SUPPLIED ENTRIES:
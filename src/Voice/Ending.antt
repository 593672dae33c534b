-- ===== src/Voice/Ending.antt =====
-- The workers of transcribePerTurn of apps/gateway/src/lib/voice/diarize.ts come to an end.
use modelforge_ai.Base.{
  ℕ, zero, suc, ◌+◌, ◌-◌, ◌*◌, ◌≤◌, ◌<◌, ◌≡◌, refl, subst, inl, inr, Bool, true, false, ◌&&◌,
  Option, some, List, [], ◌∷◌, arith, ltb, Bool-cases, Option-cases, length, get_elem?,
}
use modelforge_ai.Base.Text.{nat_eq, beq_refl}
use modelforge_ai.Voice.Segments.{TranscriptSegment}
use modelforge_ai.Voice.Slots.{get_elem?_inside}
use modelforge_ai.Voice.Workers.{
  ClipAnswer, heard, cut_failed, asr_failed, PerTurnInput, PerTurnState, WorkerEvent, takes,
  answers, eligible_turns, worker_count, start_workers, is_busy, idle, put, outcome, clip_answer,
  note_answer, finish_slot, worker_step, run_workers, is_done,
}
use modelforge_ai.Voice.Slots.{length-idle_less}
use modelforge_ai.Voice.Schedules.{
  turn_count, IsRun, start_workers-IsRun, worker_step-IsRun, run_workers-IsRun,
}

module _ (is_space : ℕ → Bool) (hear : ℕ → ℕ → ClipAnswer) (input : PerTurnInput) where
  -- What is left to do: each turn is taken and answered.
  abbrev work_left : PerTurnState → ℕ
  work_left s = 2 * (turn_count is_space hear input - s.next) + length s.busy

  noted_work_left :
      (a : ClipAnswer) (s : PerTurnState) (busy : List ℕ)
      (results : List (Option TranscriptSegment))
      → work_left (record (note_answer is_space hear a s) { busy = busy; results = results })
        ≡ 2 * (turn_count is_space hear input - s.next) + length busy
  noted_work_left cut_failed s busy results = refl
  noted_work_left asr_failed s busy results = refl
  noted_work_left (heard model language text confidence) s busy results = refl

  worker_step-work_left :
      (e : WorkerEvent) (s after : PerTurnState)
      → IsRun is_space hear input s
      → worker_step is_space hear input e s ≡ some after
      → work_left after < work_left s
  unfolding worker_step
  worker_step-work_left takes s after r h =
      elim (Bool-cases
        (ltb (length s.busy) (worker_count input) && ltb s.next (turn_count is_space hear input))) [
          | inl can ↦
              let q : record s { next = s.next + 1; busy = s.next ∷ s.busy } ≡ after =
                (let k = rw can at h in cc) in
              rw (← q)
                (let l : s.next < turn_count is_space hear input = ground arith in omega arith)
          | inr cannot ↦ let k = rw cannot at h in cc
        ]
  worker_step-work_left (answers slot) s after r h = elim (Bool-cases (is_busy slot s.busy)) [
    | inl waits ↦
        let (turn, found) =
          get_elem?_inside (eligible_turns input) slot
            (omega (arith, r.taken slot waits, r.bounded)) in
        let q : finish_slot is_space hear input slot (some turn) s ≡ after =
          (let k = rw (waits, found) at h in cc) in
        subst (λ (t : PerTurnState). work_left t < work_left s) q
          (rw
            (noted_work_left (clip_answer is_space hear input turn) s (idle slot s.busy)
              (put slot (outcome is_space hear input turn) s.results))
            (omega (arith, length-idle_less slot s.busy waits)))
    | inr idles ↦ let k = rw idles at h in cc
  ]

  run_workers-work_left :
      (es : List WorkerEvent) (s after : PerTurnState)
      → IsRun is_space hear input s
      → run_workers is_space hear input es s ≡ some after
      → length es + work_left after ≤ work_left s
  unfolding run_workers
  run_workers-work_left [] s after r h = let q : s ≡ after = cc in rw q (omega arith)
  run_workers-work_left (e ∷ es) s after r h =
      elim (Option-cases (worker_step is_space hear input e s)) [
        | inl stuck ↦ let k = rw (run_workers, stuck) at h in cc
        | inr (next, stepped) ↦
            let sound = worker_step-IsRun is_space hear input e s next r stepped in
            let rest = run_workers-work_left es next after sound (rw (run_workers, stepped) at h) in
            omega (arith, worker_step-work_left e s next r stepped)
      ]

  some_step :
      (s : PerTurnState) (busy : List ℕ)
      → s.busy ≡ busy
      → s.next ≤ turn_count is_space hear input
      → is_done is_space hear input s ≡ false
      → (e : WorkerEvent) × (after : PerTurnState) × (worker_step is_space hear input e s
          ≡ some after)
  unfolding worker_step
  some_step s [] q bounded h = (
    takes,
    record s { next = s.next + 1; busy = s.next ∷ s.busy },
    let l : length s.busy ≡ 0 = rw q refl in ground arith,
  )
  some_step s (slot ∷ busy) q bounded h =
      let waits : is_busy slot s.busy ≡ true = rw q (ground (arith, beq_refl slot)) in
      (
        answers slot,
        finish_slot is_space hear input slot (get_elem? (eligible_turns input) slot) s,
        rw waits refl,
      )

  run_workers_step :
      (e : WorkerEvent) (es : List WorkerEvent) (s next after : PerTurnState)
      → worker_step is_space hear input e s ≡ some next
      → run_workers is_space hear input es next ≡ some after
      → run_workers is_space hear input (e ∷ es) s ≡ some after
  unfolding run_workers
  run_workers_step e es s next after h k = rw (run_workers, h) k

  finish_from :
      (n : ℕ) (s : PerTurnState)
      → IsRun is_space hear input s
      → work_left s ≤ n
      → (es : List WorkerEvent) × (after : PerTurnState) × ((run_workers is_space hear input es s
            ≡ some after)
          × (is_done is_space hear input after ≡ true))
  unfolding run_workers
  finish_from zero s r h = elim (Bool-cases (is_done is_space hear input s)) [
    | inl done ↦ ([], s, (refl, done))
    | inr open_work ↦
        let (e, next, stepped) = some_step s s.busy refl r.bounded open_work in
        absurd (omega (arith, worker_step-work_left e s next r stepped))
  ]
  finish_from (suc n) s r h = elim (Bool-cases (is_done is_space hear input s)) [
    | inl done ↦ ([], s, (refl, done))
    | inr open_work ↦
        let (e, next, stepped) = some_step s s.busy refl r.bounded open_work in
        let less = worker_step-work_left e s next r stepped in
        let sound = worker_step-IsRun is_space hear input e s next r stepped in
        let (es, after, (runs, done)) = finish_from n next sound (omega arith) in
        (e ∷ es, after, (run_workers_step e es s next after stepped runs, done))
  ]

  -- The workers, in any order, need no more than two events for each eligible turn; and from wherever they
  -- are, they can go on to their end.
  pub run_workers_ends :
      (before : List WorkerEvent) (s : PerTurnState)
      → run_workers is_space hear input before (start_workers input) ≡ some s
      → (length before ≤ 2 * length (eligible_turns input))
        × ((es : List WorkerEvent) × (after : PerTurnState) × ((run_workers is_space hear input es s
                ≡ some after)
              × (is_done is_space hear input after ≡ true)))
  unfolding start_workers
  run_workers_ends before s h =
      let start = start_workers-IsRun is_space hear input in
      let r = run_workers-IsRun is_space hear input before (start_workers input) s start h in
      let work = run_workers-work_left before (start_workers input) s start h in
      (omega arith, finish_from (work_left s) s r (omega arith))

AIM OF THE TASK:
Retype exactly, and only, the lines above from the one where "let waits : is_busy" occurs up to and including the one where "((es : List" occurs.

RESPONSE TO THE EXERCISE:
      let waits : is_busy slot s.busy ≡ true = rw q (ground (arith, beq_refl slot)) in
      (
        answers slot,
        finish_slot is_space hear input slot (get_elem? (eligible_turns input) slot) s,
        rw waits refl,
      )

  run_workers_step :
      (e : WorkerEvent) (es : List WorkerEvent) (s next after : PerTurnState)
      → worker_step is_space hear input e s ≡ some next
      → run_workers is_space hear input es next ≡ some after
      → run_workers is_space hear input (e ∷ es) s ≡ some after
  unfolding run_workers
  run_workers_step e es s next after h k = rw (run_workers, h) k

  finish_from :
      (n : ℕ) (s : PerTurnState)
      → IsRun is_space hear input s
      → work_left s ≤ n
      → (es : List WorkerEvent) × (after : PerTurnState) × ((run_workers is_space hear input es s
            ≡ some after)
          × (is_done is_space hear input after ≡ true))
  unfolding run_workers
  finish_from zero s r h = elim (Bool-cases (is_done is_space hear input s)) [
    | inl done ↦ ([], s, (refl, done))
    | inr open_work ↦
        let (e, next, stepped) = some_step s s.busy refl r.bounded open_work in
        absurd (omega (arith, worker_step-work_left e s next r stepped))
  ]
  finish_from (suc n) s r h = elim (Bool-cases (is_done is_space hear input s)) [
    | inl done ↦ ([], s, (refl, done))
    | inr open_work ↦
        let (e, next, stepped) = some_step s s.busy refl r.bounded open_work in
        let less = worker_step-work_left e s next r stepped in
        let sound = worker_step-IsRun is_space hear input e s next r stepped in
        let (es, after, (runs, done)) = finish_from n next sound (omega arith) in
        (e ∷ es, after, (run_workers_step e es s next after stepped runs, done))
  ]

  -- The workers, in any order, need no more than two events for each eligible turn; and from wherever they
  -- are, they can go on to their end.
  pub run_workers_ends :
      (before : List WorkerEvent) (s : PerTurnState)
      → run_workers is_space hear input before (start_workers input) ≡ some s
      → (length before ≤ 2 * length (eligible_turns input))
        × ((es : List WorkerEvent) × (after : PerTurnState) × ((run_workers is_space hear input es s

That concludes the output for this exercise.